[To do]: Among the records below, find the line that has "((Keeps-read_pair (λ retptr."; from there, give the lines again exactly, and stop after the line that has "Keeps-load_document doc = Keeps-frame".

Saved data entries:

-- ===== src/Calls/Balanced.antt =====
-- The calls of rust/assets/hep-viewer.js give back the stack of the wasm side.
use ggsql_duckdb.Prelude.{ℕ, ◌+◌, ◌%◌, ◌<◌, ◌∙◌, List, arith, inl, inr, Bool-cases}
use ggsql_duckdb.Boot.Init.{Bytes, Text}
use ggsql_duckdb.Glue.Heap.{JsValue}
use ggsql_duckdb.Calls.Machine.{
  ℤ, Block, Machine, World, Answer, answer, trap, outcome_of, Outcome, returned, thrown, trapped,
  Call, Request, svg, hint_dpi, hint_height, hint_width, is_dark, is_transparent, pick_ids,
  set_dark, set_pick_ids, set_transparent, load, to_svg, warnings, has_fonts, register_font,
  set_generic_family, Exports, Browser, pure, bind_outcome, ◌>>=◌, ◌>>◌, after_finally,
}
use ggsql_duckdb.Calls.Access.{get_text}
use ggsql_duckdb.Calls.Document.{
  truthy, move_stack, free_block, get_flag, get_is_dark, get_is_transparent, get_pick_ids,
  call_set_dark, call_set_pick_ids, call_set_transparent, throw_taken, read_hint, read_document,
  read_pair, receive_array, get_hint_dpi, get_hint_height, get_hint_width, load_document, draw_svg,
  svg_getter, finish_svg, warnings_getter, frame, run,
}
use ggsql_duckdb.Calls.Fonts.{get_has_fonts, register_font_bytes, set_family}
use ggsql_duckdb.Calls.Keeps.{
  Kept, Keeps, Kept-bind_outcome, Keeps-bind, Keeps-pure, Keeps-throw, Keeps-get_int32,
  Keeps-get_float64, Keeps-take_value, Keeps-get_array_js_value, Keeps-get_text,
  Keeps-wasm_vector_len, Keeps-pass_array8, Keeps-pass_string, Keeps-pass_array_js_value, Keeps-run,
  Keeps-free_block, restored, Keeps-frame, moved, move_stack-bind,
}
use ggsql_duckdb.Calls.Methods.{
  Method, dpi_hint, height_hint, width_hint, dark_flag, transparent_flag, pick_flag, put_dark,
  put_pick_ids, put_transparent, from_bytes, drawing, markup, warning_list, any_fonts, font, family,
  perform_method, StackIs, KeepsStack,
}

module _ (exports : Exports) (browser : Browser) (k : KeepsStack exports) where
  Keeps-get_flag : (r : Request) → Keeps (get_flag exports r)
  unfolding get_flag
  Keeps-get_flag r = Keeps-bind (Keeps-run browser exports k r) λ ret. Keeps-pure _

  Keeps-read_hint : (r : ℕ → Request) (retptr : ℕ) → Keeps (read_hint exports browser r retptr)
  Keeps-read_hint r retptr = Keeps-bind (Keeps-run browser exports k (r retptr)) λ _.
      Keeps-bind (Keeps-get_int32 browser retptr)
        λ r0. Keeps-bind (Keeps-get_float64 browser (retptr + 8)) λ r2. Keeps-pure _

  Keeps-throw_taken : (flag r : ℤ) → Keeps (throw_taken browser flag r)
  Keeps-throw_taken flag r = elim (Bool-cases (truthy flag)) [
    | inl e ↦ rw e (Keeps-bind (Keeps-take_value browser r) λ v. Keeps-throw v)
    | inr e ↦ rw e (Keeps-pure tt)
  ]

  Keeps-read_document :
      (doc : Bytes) (retptr : ℕ) → Keeps (read_document exports browser doc retptr)
  Keeps-read_document doc retptr = Keeps-bind (Keeps-pass_array8 browser exports k doc) λ ptr0.
      Keeps-bind (Keeps-wasm_vector_len browser exports k) λ len0.
        Keeps-bind (Keeps-run browser exports k (load retptr ptr0 len0)) λ _.
          Keeps-bind (Keeps-get_int32 browser retptr) λ r0.
            Keeps-bind (Keeps-get_int32 browser (retptr + 4)) λ r1.
              Keeps-bind (Keeps-get_int32 browser (retptr + 8))
                λ r2. Keeps-bind (Keeps-throw_taken r2 r1) λ _. Keeps-pure _

  Keeps-read_pair : (r : ℕ → Request) (retptr : ℕ) → Keeps (read_pair exports browser r retptr)
  Keeps-read_pair r retptr = Keeps-bind (Keeps-run browser exports k (r retptr)) λ _.
      Keeps-bind (Keeps-get_int32 browser retptr)
        λ r0. Keeps-bind (Keeps-get_int32 browser (retptr + 4)) λ r1. Keeps-pure _

  Keeps-receive_array : (r0 r1 : ℤ) → Keeps (receive_array exports browser r0 r1)
  Keeps-receive_array r0 r1 =
      Keeps-bind (Keeps-get_array_js_value browser r0 r1)
        λ v1. Keeps-bind (Keeps-free_block browser exports k _) λ _. Keeps-pure v1

  -- the `finally` of the getter `svg`
  Kept-svg_finally :
      (n : ℕ) (s : Outcome Text) (u : World) (b : Block)
      → n < 4294967296
      → StackIs ((n + 4294967280) % 4294967296) s u.machine
      → let (t, x) = (move_stack exports 16 >> free_block exports b) u in
        Kept n (after_finally s t, x)
  unfolding ◌>>=◌ free_block
  Kept-svg_finally n s u b l h =
      let sp = (u.machine.stack_pointer + 16) % 4294967296 in
      let m : Machine = record u.machine { stack_pointer = sp } in
      rw (k.moves 16 u.machine) (
        freed s (exports.free b.address b.size b.alignment m).0 _
          (k.free b.address b.size b.alignment m) h)
    where
      freed :
          (s : Outcome Text) (t : Answer) (m : Machine)
          → StackIs ((u.machine.stack_pointer + 16) % 4294967296) (outcome_of t) m
          → StackIs ((n + 4294967280) % 4294967296) s u.machine
          → StackIs n (after_finally s (outcome_of t)) m
      freed (returned a) (answer t) m e g = e ∙ rw g (restored browser exports k n l)
      freed (thrown a) (answer t) m e g = e ∙ rw g (restored browser exports k n l)
      freed (trapped a) (answer t) m e g = tt
      freed s (trap t) m e g = tt

  Kept-finish_svg :
      (n : ℕ) (r : Outcome (ℤ × ℤ)) (v : World)
      → n < 4294967296
      → StackIs ((n + 4294967280) % 4294967296) r v.machine
      → Kept n (finish_svg exports browser r v)
  unfolding finish_svg
  Kept-finish_svg n r v l h =
      let (s, u) = bind_outcome r (λ p. get_text browser p.0 p.1) v in
      Kept-svg_finally n s u _ l (
        Kept-bind_outcome ((n + 4294967280) % 4294967296) r (λ p. get_text browser p.0 p.1) v
          (omega arith) h (λ p. Keeps-get_text browser p.0 p.1))

  Keeps-svg_getter : (ptr : ℕ) → Keeps (svg_getter exports browser ptr)
  unfolding svg_getter
  Keeps-svg_getter ptr = record {
    at = λ w l.
        let before = moved w in
        let body = read_pair exports browser (λ retptr. svg retptr ptr) in
        let sp = before.machine.stack_pointer in
        rw (move_stack-bind browser exports k body w) (
          Kept-finish_svg w.machine.stack_pointer (body sp before).0 (body sp before).1 l
            ((Keeps-read_pair (λ retptr. svg retptr ptr) sp).at before (omega arith)));
  }

  Keeps-drop : {A : Type 0} {m : Call A} → Keeps m → Keeps (m >> pure tt)
  Keeps-drop h = Keeps-bind h λ _. Keeps-pure tt

  Keeps-load_document : (doc : Bytes) → Keeps (load_document exports browser doc)
  unfolding load_document
  Keeps-load_document doc = Keeps-frame browser exports k (Keeps-read_document doc)

  Keeps-draw_svg :
      (ptr : ℕ) (width height : Bytes) (prefix : Text)
      → Keeps (draw_svg exports browser ptr width height prefix)
  unfolding draw_svg
  Keeps-draw_svg ptr width height prefix =
      Keeps-bind (Keeps-pass_string browser exports k prefix) λ ptr0.
        Keeps-bind (Keeps-wasm_vector_len browser exports k) λ len0.
          Keeps-bind (Keeps-run browser exports k (to_svg ptr width height ptr0 len0))
            λ ret. Keeps-pure _

  Keeps-warnings_getter : (ptr : ℕ) → Keeps (warnings_getter exports browser ptr)
  unfolding warnings_getter
  Keeps-warnings_getter ptr = Keeps-frame browser exports k λ retptr.
      Keeps-bind (Keeps-read_pair (λ p. warnings p ptr) retptr) λ r. Keeps-receive_array r.0 r.1

  Keeps-register_font_bytes : (bytes : Bytes) → Keeps (register_font_bytes exports browser bytes)
  unfolding register_font_bytes
  Keeps-register_font_bytes bytes = Keeps-frame browser exports k λ retptr.
      Keeps-bind (Keeps-pass_array8 browser exports k bytes) λ ptr0.
        Keeps-bind (Keeps-wasm_vector_len browser exports k) λ len0.
          Keeps-bind (Keeps-run browser exports k (register_font retptr ptr0 len0)) λ _.
            Keeps-bind (Keeps-get_int32 browser retptr) λ r0.
              Keeps-bind (Keeps-get_int32 browser (retptr + 4)) λ r1.
                Keeps-bind (Keeps-get_int32 browser (retptr + 8)) λ r2.
                  Keeps-bind (Keeps-get_int32 browser (retptr + 12))
                    λ r3. Keeps-bind (Keeps-throw_taken r3 r2) λ _. Keeps-receive_array r0 r1

  Keeps-set_family :
      (kind : Text) (families : List JsValue) → Keeps (set_family exports browser kind families)
  unfolding set_family
  Keeps-set_family kind families = Keeps-frame browser exports k λ retptr.
      Keeps-bind (Keeps-pass_string browser exports k kind) λ ptr0.
        Keeps-bind (Keeps-wasm_vector_len browser exports k) λ len0.
          Keeps-bind (Keeps-pass_array_js_value browser exports k families) λ ptr1.
            Keeps-bind (Keeps-wasm_vector_len browser exports k) λ len1.
              Keeps-bind
                (Keeps-run browser exports k (set_generic_family retptr ptr0 len0 ptr1 len1))
                λ _. Keeps-bind (Keeps-get_int32 browser retptr) λ r0.
                  Keeps-bind (Keeps-get_int32 browser (retptr + 4)) λ r1. Keeps-throw_taken r1 r0

  Keeps-flag : (r : Request) → Keeps (get_flag exports r >> pure tt)
  Keeps-flag r = Keeps-drop (Keeps-get_flag r)

  Keeps-hint : (r : ℕ → Request) → Keeps (frame exports (read_hint exports browser r) >> pure tt)
  Keeps-hint r = Keeps-drop (Keeps-frame browser exports k (Keeps-read_hint r))

  Keeps-call : (r : Request) → Keeps (run exports r >> pure tt)
  Keeps-call r = Keeps-drop (Keeps-run browser exports k r)

  Keeps-perform_method : (m : Method) → Keeps (perform_method exports browser m)
  unfolding perform_method get_hint_dpi get_hint_height get_hint_width get_is_dark
      get_is_transparent get_pick_ids call_set_dark call_set_pick_ids call_set_transparent
      get_has_fonts
  Keeps-perform_method (dpi_hint ptr) = Keeps-hint λ retptr. hint_dpi retptr ptr
  Keeps-perform_method (height_hint ptr) = Keeps-hint λ retptr. hint_height retptr ptr
  Keeps-perform_method (width_hint ptr) = Keeps-hint λ retptr. hint_width retptr ptr
  Keeps-perform_method (dark_flag ptr) = Keeps-flag (is_dark ptr)
  Keeps-perform_method (transparent_flag ptr) = Keeps-flag (is_transparent ptr)
  Keeps-perform_method (pick_flag ptr) = Keeps-flag (pick_ids ptr)
  Keeps-perform_method (put_dark ptr dark) = Keeps-call (set_dark ptr dark)
  Keeps-perform_method (put_pick_ids ptr on) = Keeps-call (set_pick_ids ptr on)
  Keeps-perform_method (put_transparent ptr on) = Keeps-call (set_transparent ptr on)
  Keeps-perform_method (from_bytes doc) = Keeps-drop (Keeps-load_document doc)
  Keeps-perform_method (drawing ptr width height prefix) =
      Keeps-drop (Keeps-draw_svg ptr width height prefix)
  Keeps-perform_method (markup ptr) = Keeps-drop (Keeps-svg_getter ptr)
  Keeps-perform_method (warning_list ptr) = Keeps-drop (Keeps-warnings_getter ptr)
  Keeps-perform_method any_fonts = Keeps-flag has_fonts
  Keeps-perform_method (font bytes) = Keeps-drop (Keeps-register_font_bytes bytes)
  Keeps-perform_method (family kind families) = Keeps-set_family kind families

-- Every method of `PlotDocument` and `SvgRender` and every function for fonts leaves the stack
-- pointer of the wasm side as it was, whether it returns or throws, but for an error that comes out
-- of an export. The stack pointer is a 32-bit number, an export that returns keeps it, and
-- `__wbindgen_add_to_stack_pointer` adds to it.
pub perform_method-StackIs :
    (exports : Exports) (browser : Browser) (m : Method) (w : World)
    → KeepsStack exports
    → w.machine.stack_pointer < 4294967296
    → let (r, v) = perform_method exports browser m w in StackIs w.machine.stack_pointer r v.machine
perform_method-StackIs exports browser m w k l = (Keeps-perform_method exports browser k m).at w l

[Reply]:
            ((Keeps-read_pair (λ retptr. svg retptr ptr) sp).at before (omega arith)));
  }

  Keeps-drop : {A : Type 0} {m : Call A} → Keeps m → Keeps (m >> pure tt)
  Keeps-drop h = Keeps-bind h λ _. Keeps-pure tt

  Keeps-load_document : (doc : Bytes) → Keeps (load_document exports browser doc)
  unfolding load_document
  Keeps-load_document doc = Keeps-frame browser exports k (Keeps-read_document doc)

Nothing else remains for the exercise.